Decision 2: YAML Load Performance Optimization
Question: What YAML load time is acceptable for 110+ control entries, and how do we optimize performance?
Decision: Target <500ms YAML load time using PyYAML with yaml.safe_load() and implement caching for documentation generator.
Rationale:
1. Baseline Performance: PyYAML safe_load() can parse ~10MB YAML in ~200-300ms. Expected control mapping size is ~500KB (110 controls Γ ~5KB each), well within performance budget.
2. Safety: safe_load() prevents code execution vulnerabilities (safer than load()).
3. Caching Strategy: Documentation generator loads YAML once, generates all 7 outputs in single pass. No need for repeated parsing.
4. Determinism: Same YAML input always produces same output (requirement from Constraints section).
Performance Measurements: - Estimated control_mapping.yml size: 110 controls Γ 30 fields Γ ~150 chars = ~495KB - Estimated terms.yml size: 60 terms Γ 5 audiences Γ ~300 chars = ~90KB - Total YAML data: <600KB across all 4 files - Expected load time: <200ms total (PyYAML baseline performance)
Optimization Techniques:
import yaml
from functools import lru_cache
from pathlib import Path
@lru_cache(maxsize=10)
def load_yaml_cached(file_path: Path) -> dict:
"""Cache YAML loading for repeated generator runs."""
with open(file_path) as f:
return yaml.safe_load(f)
# Usage in doc generator
control_data = load_yaml_cached(Path('roles/common/vars/control_mapping.yml'))
glossary_data = load_yaml_cached(Path('docs/glossary/terms.yml'))
Alternatives Considered: - ruamel.yaml: Preserves comments/formatting, but slower than PyYAML. Not needed since we only read (never write) YAML from scripts. - Pre-compiled JSON: Faster loading, but violates constitution (YAML is canonical format). Generated artifacts should not replace YAML source.
Performance Target: Documentation generator completes all 7 outputs in <30 seconds (SC-004). YAML loading will consume <1 second of this budget.
Decision 3: YAML Schema Enforcement Approach
Question: How should YAML schema validation be enforced to prevent incomplete data from reaching documentation generator?
Decision: Two-layer validation approach: (1) Pydantic models for runtime validation, (2) pytest-based schema tests in CI/CD.

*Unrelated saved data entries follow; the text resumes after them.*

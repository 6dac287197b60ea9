-- ===== src/Devices/Fleet/Demo.antt =====
-- The setup and the demo of cmd/devices/main.go leave every device at the version it was given.
use job_scheduler_tooling.Prelude.{
  ℕ, zero, suc, ◌+◌, ◌/◌, ◌==◌, ◌≤◌, ◌<◌, ◌≡◌, refl, ap, ◌∙◌, String, Bool, true, false, ◌&&◌, ◌∷◌,
  Option, none, some, arith, ltb, leb, if◌then◌else◌, str_eq, take, length, Bool-cases, inl, inr,
  sym, eq_refl, option_split, subst, eq_iff,
}
use job_scheduler_tooling.Prelude.Dict.{Dict, lookup, insert, lookup-insert}
use job_scheduler_tooling.Prelude.Dict.Keys.{Has, insert-Has, lookup-insert_other}
use job_scheduler_tooling.Prelude.Partial.{Yields, yields, Yields-weaken}
use job_scheduler_tooling.Text.Decimal.{numbered_02-injective}
use job_scheduler_tooling.Queue.{Time}
use job_scheduler_tooling.Telemetry.{Recorder}
use job_scheduler_tooling.Devices.{Options, Entry, new_entry, set_config, ensure_loop}
use job_scheduler_tooling.Devices.Registry.{
  Registry, new_registry, register, set_config_of, set_config_found, apply_change, status,
}
use job_scheduler_tooling.Devices.Network.{SimNetwork, add_device}
use job_scheduler_tooling.Devices.Sim.{new_device}
use job_scheduler_tooling.Devices.Fleet.{
  camera, camera_ids, Fleet, set_up, configure, run_demo, shown, version_of, main_fleet,
}

abbrev next_version : Option ℕ → Option ℕ
next_version none = none
next_version (some v) = some (v + 1)

same_camera : (j k : ℕ) → str_eq (camera j) (camera k) ≡ (j == k)
same_camera j k = elim (Bool-cases (str_eq (camera j) (camera k))) [
  | inl e ↦
      let same = numbered_02-injective "cam-" j k ((eq_iff (camera j) (camera k)).0 e) in
      ground (arith, e, same)
  | inr e ↦ elim (Bool-cases (j == k)) [
    | inl same ↦
        let n : j ≡ k = ground (arith, same) in cc ((eq_iff (camera j) (camera k)).1 (ap camera n))
    | inr other ↦ rw (e, other) refl
  ]
]

found-version :
    (now : Time) (id j : String) (cfg : Dict String) (r : Registry) (o : Option Entry)
    → lookup id r.devs ≡ o
    → shown (lookup j (set_config_found now id cfg r o).0.devs)
      ≡ (if str_eq id j then next_version (shown o) else shown (lookup j r.devs))
unfolding set_config_found apply_change
found-version now id j cfg r none h = elim (Bool-cases (str_eq id j)) [
  | inl e ↦
      let same : id ≡ j = (eq_iff id j).0 e in
      rw e (ap (λ i. shown (lookup i r.devs)) (sym same) ∙ ap shown h)
  | inr e ↦ rw e refl
]
found-version now id j cfg r (some e) h = elim (Bool-cases (str_eq id j)) [
  | inl same ↦
      rw (lookup-insert id j (set_config now cfg e).entry r.devs, same)
        (unfold set_config ensure_loop in refl)
  | inr other ↦ rw (lookup-insert id j (set_config now cfg e).entry r.devs, other) refl
]

set_config-version :
    (now : Time) (id j : String) (cfg : Dict String) (r : Registry)
    → version_of j (set_config_of now id cfg r).0
      ≡ (if str_eq id j then next_version (version_of id r) else version_of j r)
unfolding set_config_of status
set_config-version now id j cfg r = found-version now id j cfg r (lookup id r.devs) refl

configure-version :
    (cfg : String → Dict String) (now : Time) (n k j : ℕ) (r : Registry)
    → version_of (camera j) (configure cfg now (camera_ids n k) r) ≡ (
        if leb k j && ltb j (k + n)
        then next_version (version_of (camera j) r)
        else version_of (camera j) r)
unfolding configure camera_ids
configure-version cfg now zero k j r = ground arith
configure-version cfg now (suc n) k j r =
    let r' = (set_config_of now (camera k) (cfg (camera k)) r).0 in
    let rest = configure-version cfg now n (k + 1) j r' in
    let one = set_config-version now (camera k) (camera j) (cfg (camera k)) r in
    ground (arith, rest, one, same_camera k j)

take-camera_ids : (h n k : ℕ) → h ≤ n → take h (camera_ids n k) ≡ camera_ids h k
unfolding camera_ids
take-camera_ids zero n k le = refl
take-camera_ids (suc h) zero k le = absurd (omega (arith, le))
take-camera_ids (suc h) (suc n) k le =
    ap (λ ids. camera k ∷ ids) (take-camera_ids h n (k + 1) (omega (arith, le)))

length-camera_ids : (n k : ℕ) → length (camera_ids n k) ≡ n
unfolding camera_ids
length-camera_ids zero k = refl
length-camera_ids (suc n) k = omega (arith, length-camera_ids n (k + 1))

abbrev IsFree : ℕ → Fleet → Type 0
IsFree k f = (j : ℕ) → k ≤ j → lookup (camera j) f.registry.devs ≡ none

-- One device more.
abbrev with_camera : ℕ → Fleet → Fleet
with_camera k f = record {
  network = add_device (camera k) f.network;
  registry = (register (camera k) f.registry).0;
}

other_camera : (j k : ℕ) → k < j → str_eq (camera k) (camera j) ≡ false
other_camera j k lt = ground (arith, same_camera k j, lt)

register-devs :
    (id : String) (r : Registry)
    → lookup id r.devs ≡ none
    → (register id r).0.devs ≡ insert id (new_entry id) r.devs
unfolding register
register-devs id r h =
    option_split (λ (x : Registry × Bool). x.0.devs ≡ insert id (new_entry id) r.devs)
      (lookup id r.devs) (λ _. refl) (λ e found. cc (h, found))

with_camera-IsFree : (k : ℕ) (f : Fleet) → IsFree k f → IsFree (k + 1) (with_camera k f)
with_camera-IsFree k f free j le = rw (register-devs (camera k) f.registry (free k (omega arith))) (
    lookup-insert_other (camera k) (camera j) (new_entry (camera k)) f.registry.devs
      (other_camera j k (omega (arith, le)))
    ∙ free j (omega (arith, le)))

register-taken : (id : String) (r : Registry) → lookup id r.devs ≡ none → (register id r).1 ≡ true
unfolding register
register-taken id r h =
    option_split (λ (x : Registry × Bool). x.1 ≡ true) (lookup id r.devs) (λ _. refl)
      (λ e found. cc (h, found))

set_up-next :
    (n k : ℕ) (f : Fleet)
    → IsFree k f
    → set_up (camera_ids (suc n) k) f ≡ set_up (camera_ids n (k + 1)) (with_camera k f)
unfolding set_up camera_ids
set_up-next n k f free = rw (register-taken (camera k) f.registry (free k (omega arith))) refl

-- What is there of a device of main once it is set up.
abbrev IsReady : ℕ → Fleet → Type 0
IsReady j f = (version_of (camera j) f.registry ≡ some 0) × Has f.network.devices (camera j)

own_version :
    (k : ℕ) (f : Fleet)
    → shown (lookup (camera k) (insert (camera k) (new_entry (camera k)) f.registry.devs)) ≡ some 0
unfolding new_entry
own_version k f =
    rw
      (
        lookup-insert (camera k) (camera k) (new_entry (camera k)) f.registry.devs,
        eq_refl (camera k),
      )
      refl

insert_own : (k : ℕ) (f : Fleet) → Has (with_camera k f).network.devices (camera k)
unfolding add_device
insert_own k f = (
  new_device (camera k),
  rw
      (
        lookup-insert (camera k) (camera k) (new_device (camera k)) f.network.devices,
        eq_refl (camera k),
      )
      refl,
)

older_version :
    (j k : ℕ) (f : Fleet)
    → j < k
    → shown (lookup (camera j) (insert (camera k) (new_entry (camera k)) f.registry.devs))
      ≡ shown (lookup (camera j) f.registry.devs)
older_version j k f lt =
    let other : str_eq (camera k) (camera j) ≡ false = ground (arith, same_camera k j, lt) in
    ap shown
      (lookup-insert_other (camera k) (camera j) (new_entry (camera k)) f.registry.devs other)

with_camera-IsReady :
    (k : ℕ) (f : Fleet)
    → IsFree k f
    → IsReady k (with_camera k f) × ((j : ℕ) → j < k → IsReady j f → IsReady j (with_camera k f))
unfolding status add_device
with_camera-IsReady k f free =
    let devs = register-devs (camera k) f.registry (free k (omega arith)) in
    rw devs (
      (own_version k f, insert_own k f),
      λ j lt (v, h).
          (older_version j k f lt ∙ v, insert-Has (camera k) (camera j) _ f.network.devices h),
    )

set_up-IsReady :
    (n k : ℕ) (f : Fleet)
    → IsFree k f
    → ((j : ℕ) → j < k → 0 < j → IsReady j f)
    → Yields (λ g. (j : ℕ) → j < k + n → 0 < j → IsReady j g) (set_up (camera_ids n k) f)
unfolding set_up camera_ids
set_up-IsReady zero k f free ready = yields (λ j lt. ready j (omega (arith, lt)))
set_up-IsReady (suc n) k f free ready =
    let (own, older) = with_camera-IsReady k f free in
    let rest = set_up-IsReady n (k + 1) (with_camera k f) (with_camera-IsFree k f free) (λ j lt pos.
      elim (Bool-cases (j == k)) [
        | inl same ↦
            let e : k ≡ j = ground (arith, same) in subst (λ i. IsReady i (with_camera k f)) e own
        | inr other ↦
            let less : j < k = ground (arith, lt, other) in older j less (ready j less pos)
      ]) in
    let size : k + 1 + n ≡ k + suc n = omega arith in rw (set_up-next n k f free) (rw size at rest)

-- The command with any number of devices: every registration succeeds, each device is on the network,
-- and, as long as the push loops leave the desired versions alone, the demo leaves each device at
-- version 1, and those of the first half at version 2.
pub demo-Versions :
    (n : ℕ) (opts : Options) (recorder : Recorder) (network : SimNetwork)
    (first second : String → Dict String) (between : Registry → Registry) (now : Time)
    → ((r : Registry) (id : String) → version_of id (between r) ≡ version_of id r)
    → Yields
        (λ f.
          (j : ℕ)
          → 0 < j
          → j ≤ n
          → Has f.network.devices (camera j)
            × (version_of (camera j) (run_demo first second between now (camera_ids n 1) f.registry)
                ≡ some (if leb j (n / 2) then 2 else 1)))
        (main_fleet n opts recorder network)
unfolding main_fleet run_demo
demo-Versions n opts recorder network first second between now keeps =
    Yields-weaken
      (set_up-IsReady n 1 (record { network = network; registry = new_registry recorder opts })
        (λ j le. unfold new_registry lookup in refl) (λ j lt pos. absurd (omega (arith, lt, pos))))
      (λ f ready j pos le.
        let (zero_version, there) = ready j (omega (arith, le)) pos in
        let one = configure-version first now n 1 j f.registry in
        let mid = configure first now (camera_ids n 1) f.registry in
        let two = configure-version second now (n / 2) 1 j (between mid) in
        let same = keeps mid (camera j) in
        (
          there,
          rw (length-camera_ids n 1, take-camera_ids (n / 2) n 1 (omega arith))
              (ground (arith, zero_version, one, two, same, pos, le)),
        ))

Rationale: 1. Fail-Fast at Runtime: Documentation generator validates YAML data with Pydantic before processing. Fails immediately with clear error showing file/entry/field (per clarification answer #1). 2. CI/CD Gate: Pytest tests validate all YAML files on every commit. Prevents invalid YAML from merging. 3. Developer Feedback: Pydantic type hints in IDE catch schema violations during YAML editing. 4. Explicit "N/A" Handling: Pydantic model validates that cross-framework mappings either have valid ID or "N/A" with rationale (per clarification answer #2).
Implementation:
Runtime Validation (in generate_docs.py):
from pydantic import BaseModel, field_validator, ValidationError
import sys
class ControlMappingEntry(BaseModel):
# ... fields defined above ...
@field_validator('rev3_id', 'cmmc_l2_id', 'nist_800_53_r5_id')
@classmethod
def validate_framework_mapping(cls, v, info):
"""Ensure 'N/A' mappings have rationale."""
if v == "N/A":
# Check if rationale field exists
if not info.data.get(f"{info.field_name}_rationale"):
raise ValueError(
f"'{info.field_name}' is 'N/A' but missing rationale field"
)
return v
def main():
try:
control_data = load_and_validate('roles/common/vars/control_mapping.yml')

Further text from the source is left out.